• **ASSIGNED TASK**
Both the line with "nothing_below inverse hash_of" and the line with "h.healed in" in the records below must appear in the output, along with every line between them, exactly and with nothing added.

Excerpts from a dataset
• • •

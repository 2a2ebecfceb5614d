-- ===== src/Block/Healed.antt =====
-- work_block.rs and reorg.rs: what a height that found a reorganisation leaves behind.
use mathlib.Core.Path.{subst}
use block_ex.Prelude.{
  ℕ, suc, ◌+◌, ◌%◌, ◌^◌, ◌<◌, ◌≡◌, ◌≢◌, refl, sym, ap, ◌∙◌, Bool, true, false, Option, none, some,
  List, String, Bytes, bytes_eq, bytes_eq_refl, length, All, arith, if◌then◌else◌,
}
use block_ex.Prelude.Int.{ℤ, pos, ◌-ℤ◌, ◌≤ℤ◌}
use block_ex.Prelude.Order.{leb_ℤ}
use block_ex.Prelude.Words.{as_i64, as_u64}
use block_ex.Result.{Result, Error, ok, err, running, reorg_detected}
use block_ex.Db.{Db}
use block_ex.Rpc.{BlockHeader, GetBlockHeaderByHeightResult}
use block_ex.World.{Env, World, query}
use block_ex.World.Rules.{Ends, Ends-bind, ending}
use block_ex.World.Errors.{FailsIn}
use block_ex.Store.{hash_at, block_hash_at}
use block_ex.Reorg.{heal_reorg}
use block_ex.Reorg.Fork.{Agrees, agrees, live_hash}
use block_ex.Reorg.Heal.{heal_reorg-Unwound}
use block_ex.Reorg.Errors.{IsHealError, heal_reorg-FailsBy}
use block_ex.Reorg.Termination.{heal_reorg_total}
use block_ex.Block.{prev_bytes, window_i64, reorg, check_stored, check_prev}

-- A header names the hash of the height below as the block before it.
abbrev pub IsLinked : (ℕ → String) → BlockHeader → Type 0
IsLinked hash_of x = (k : ℕ) → x.height ≡ suc k → x.prev_hash ≡ hash_of k

-- The daemon's chain does not change: it answers by the block that has the asked height and the hash
-- of that height, each of its headers is linked, and a hash has 32 bytes.
pub record IsStable (env : Env) (hash_of : ℕ → String) : Type 0 where
  pub single :
      (n h : ℕ) (res : GetBlockHeaderByHeightResult)
      → env.rpc.get_block_header_by_height n h ≡ some res
      → (res.block_header.height ≡ h)
        × (res.block_header.hash ≡ hash_of h)
        × IsLinked hash_of res.block_header
  pub range :
      (n start end : ℕ) (l : List BlockHeader)
      → env.rpc.get_block_headers_range n start end ≡ some l
      → All (IsLinked hash_of) l
  pub sized : (h : ℕ) (b : Bytes) → env.hex.decode (hash_of h) ≡ some b → length b ≡ 32

abbrev pub NotReorg : Error → Type 0
NotReorg reorg_detected = ⊥
NotReorg _ = Unit

module _ (env : Env) (n : ℕ) where
  -- What a check that found a reorganisation has done: the stored hash is another, and the healing
  -- succeeded.
  pub record Healed (header : BlockHeader) (w w' : World) : Type 0 where
    pub stored : Bytes
    pub before : World
    pub found : hash_at (as_i64 header.height -ℤ pos 1) w.database ≡ some stored
    pub other : stored ≢ prev_bytes env header.prev_hash
    pub same : before.database ≡ w.database
    pub healed : heal_reorg env (as_i64 header.height) (window_i64 env n) before ≡ (ok tt, w')

  not_heal_error : (fw : ℤ) (e : Error) → IsHealError fw e → NotReorg e
  not_heal_error fw reorg_detected p = absurd p
  not_heal_error fw _ p = tt

  reorg-detects :
      (header : BlockHeader) (w : World) {w' : World}
      → reorg env n header w ≡ (err reorg_detected, w')
      → heal_reorg env (as_i64 header.height) (window_i64 env n) w ≡ (ok tt, w')
  unfolding reorg
  reorg-detects header w {w'} h =
      go (heal_reorg env (as_i64 header.height) (window_i64 env n) w) refl
        ((heal_reorg-FailsBy env (window_i64 env n) (as_i64 header.height)).at w)
    where
      go :
          (x : Result (Unit {0}) × World)
          → heal_reorg env (as_i64 header.height) (window_i64 env n) w ≡ x
          → FailsIn (IsHealError (window_i64 env n)) x.0
          → heal_reorg env (as_i64 header.height) (window_i64 env n) w ≡ (ok tt, w')
      go (ok tt, w₁) e p =
          e
          ∙ ap (λ v. (ok tt, v)) (ap (λ (r : Result (Unit {0}) × World). r.1) (rw (e, reorg) at h))
      go (err reorg_detected, w₁) e p = absurd p
      go (err x, w₁) e p =
          absurd (cc (ap (λ (r : Result (Unit {0}) × World). r.0) (rw (e, reorg) at h)))
      go (running, w₁) e p =
          absurd (cc (ap (λ (r : Result (Unit {0}) × World). r.0) (rw (e, reorg) at h)))

  check_stored-detects :
      (header : BlockHeader) (stored : Option Bytes) (w₀ w : World) {w' : World}
      → hash_at (as_i64 header.height -ℤ pos 1) w₀.database ≡ stored
      → w.database ≡ w₀.database
      → check_stored env n header stored w ≡ (err reorg_detected, w')
      → Healed header w₀ w'
  unfolding check_stored
  check_stored-detects header none w₀ w found same h =
      absurd (cc (ap (λ (r : Result (Unit {0}) × World). r.0) h))
  check_stored-detects header (some b) w₀ w {w'} found same h =
      go (bytes_eq b (prev_bytes env header.prev_hash)) refl
    where
      go : (t : Bool) → bytes_eq b (prev_bytes env header.prev_hash) ≡ t → Healed header w₀ w'
      go true e =
          absurd (cc (ap (λ (r : Result (Unit {0}) × World). r.0) (rw (e, check_stored) at h)))
      go false e = record {
        stored = b;
        before = w;
        found = found;
        other = λ q. cc (sym e ∙ ap (bytes_eq b) (sym q) ∙ bytes_eq_refl b);
        same = same;
        healed = reorg-detects header w (rw (e, check_stored) at h);
      }

  pub check_prev-detects :
      (header : BlockHeader) (w : World) {w' : World}
      → check_prev env n header w ≡ (err reorg_detected, w')
      → Healed header w w'
  unfolding check_prev block_hash_at query
  check_prev-detects header w {w'} h = go (env.faults w.statements) refl
    where
      go : (t : Bool) → env.faults w.statements ≡ t → Healed header w w'
      go true e =
          absurd (cc (ap (λ (r : Result (Unit {0}) × World). r.0) (rw (e, check_prev) at h)))
      go false e =
          check_stored-detects header (hash_at (as_i64 header.height -ℤ pos 1) w.database) w
            (record w { statements = w.statements + 1 }) refl refl (rw (e, check_prev) at h)

  -- Where no block is stored below, the check finds no reorganisation.
  pub check_prev-none :
      (header : BlockHeader) (w : World)
      → hash_at (as_i64 header.height -ℤ pos 1) w.database ≡ none
      → FailsIn NotReorg (check_prev env n header w).0
  unfolding check_prev block_hash_at query check_stored
  check_prev-none header w gone = go (env.faults w.statements) refl
    where
      go : (t : Bool) → env.faults w.statements ≡ t → FailsIn NotReorg (check_prev env n header w).0
      go true e = rw (e, check_prev) tt
      go false e = rw (e, check_prev, gone) tt

  check_stored-Ends :
      (header : BlockHeader) (stored : Option Bytes) → Ends (check_stored env n header stored)
  unfolding check_stored reorg
  check_stored-Ends header none = search ending
  check_stored-Ends header (some b) = go (bytes_eq b (prev_bytes env header.prev_hash)) refl
    where
      go :
          (t : Bool)
          → bytes_eq b (prev_bytes env header.prev_hash) ≡ t
          → Ends (check_stored env n header (some b))
      go true e = rw (e, check_stored) (search ending)
      go false e =
          rw (e, check_stored)
            (Ends-bind _ _
              (record {
                at = λ w. heal_reorg_total env (as_i64 header.height) (window_i64 env n) w;
              })
              λ u. search ending)

  pub check_prev-Ends : (header : BlockHeader) → Ends (check_prev env n header)
  unfolding check_prev block_hash_at
  check_prev-Ends header = search (ending, check_stored-Ends)

  -- The stored hash of a height that the stable daemon shares with the database is the one that the
  -- next header names.
  shared-eq-prev_bytes :
      (hash_of : ℕ → String) (stable : IsStable env hash_of) (d : Db) (k : ℕ) (b : Bytes)
      → k < 2 ^ 63
      → Agrees env d (pos k)
      → hash_at (pos k) d ≡ some b
      → b ≡ prev_bytes env (hash_of k)
  unfolding prev_bytes as_u64
  shared-eq-prev_bytes hash_of stable d k b small (agrees m c said here) found =
      go (env.rpc.get_block_header_by_height m k) refl (rw (live_hash, as_u64, low) at said)
    where
      low : k % 2 ^ 64 ≡ k
      low = omega arith

      go :
          (o : Option GetBlockHeaderByHeightResult)
          → env.rpc.get_block_header_by_height m k ≡ o
          → (elim o as (λ _. Option Bytes) [
            | none ↦ none
            | some r ↦ env.hex.decode r.block_header.hash
          ])
            ≡ some c
          → b ≡ prev_bytes env (hash_of k)
      go none e q = absurd (cc q)
      go (some r) e q =
          let (_, hash, _) = stable.single m k r e in
          let decoded : env.hex.decode (hash_of k) ≡ some c = rw hash at q in
          let size = stable.sized k c decoded in
          let same : b ≡ c = cc (sym found ∙ here) in rw (prev_bytes, decoded, size) same

  pub below_start : (k : ℕ) → suc k < 2 ^ 63 → as_i64 (suc k) -ℤ pos 1 ≡ pos k
  unfolding as_i64 ◌-ℤ◌
  below_start k small = ground arith

  top_only : (k : ℕ) (f : ℤ) → f ≤ℤ pos k → leb_ℤ (pos k) f ≡ true → f ≡ pos k
  top_only k f p q = ground arith

  -- After a healing in a stable chain no block is stored just below the header.
  pub nothing_below :
      (inverse : (b : Bytes) → env.decode (env.encode b) ≡ some b) (hash_of : ℕ → String)
      (stable : IsStable env hash_of) (header : BlockHeader) (k : ℕ) (w w' : World)
      → header.height ≡ suc k
      → suc k < 2 ^ 63
      → header.prev_hash ≡ hash_of k
      → Healed header w w'
      → hash_at (pos k) w'.database ≡ none
  nothing_below inverse hash_of stable header k w w' height small prev h =
      let (f, fork, unwound) =
        heal_reorg-Unwound env inverse (as_i64 header.height) (window_i64 env n) h.before
          h.healed in
      go f fork.below_start fork.shared (leb_ℤ (pos k) f) refl (unwound.hashes (pos k))
    where
      low : as_i64 header.height -ℤ pos 1 ≡ pos k
      low = ap (λ x. as_i64 x -ℤ pos 1) height ∙ below_start k small

      found : hash_at (pos k) w.database ≡ some h.stored
      found = ap (λ x. hash_at x w.database) (sym low) ∙ h.found

      go :
          (f : ℤ)
          → f ≤ℤ as_i64 header.height -ℤ pos 1
          → Agrees env h.before.database f
          → (t : Bool) → leb_ℤ (pos k) f ≡ t
          → hash_at (pos k) w'.database
            ≡ (if leb_ℤ (pos k) f then hash_at (pos k) h.before.database else none)
          → hash_at (pos k) w'.database ≡ none
      go f below shared false e q =
          q ∙ ap (λ t. if t then hash_at (pos k) h.before.database else none) e
      go f below shared true e q =
          let top : f ≡ pos k = top_only k f (subst (λ x. f ≤ℤ x) low below) e in
          absurd (
            h.other (
              shared-eq-prev_bytes hash_of stable h.before.database k h.stored (omega arith)
                (subst (Agrees env h.before.database) top shared)
                (ap (hash_at (pos k)) h.same ∙ found)
              ∙ ap (prev_bytes env) (sym prev)))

• • •

• **TASK OUTPUT**
  nothing_below inverse hash_of stable header k w w' height small prev h =
      let (f, fork, unwound) =
        heal_reorg-Unwound env inverse (as_i64 header.height) (window_i64 env n) h.before
          h.healed in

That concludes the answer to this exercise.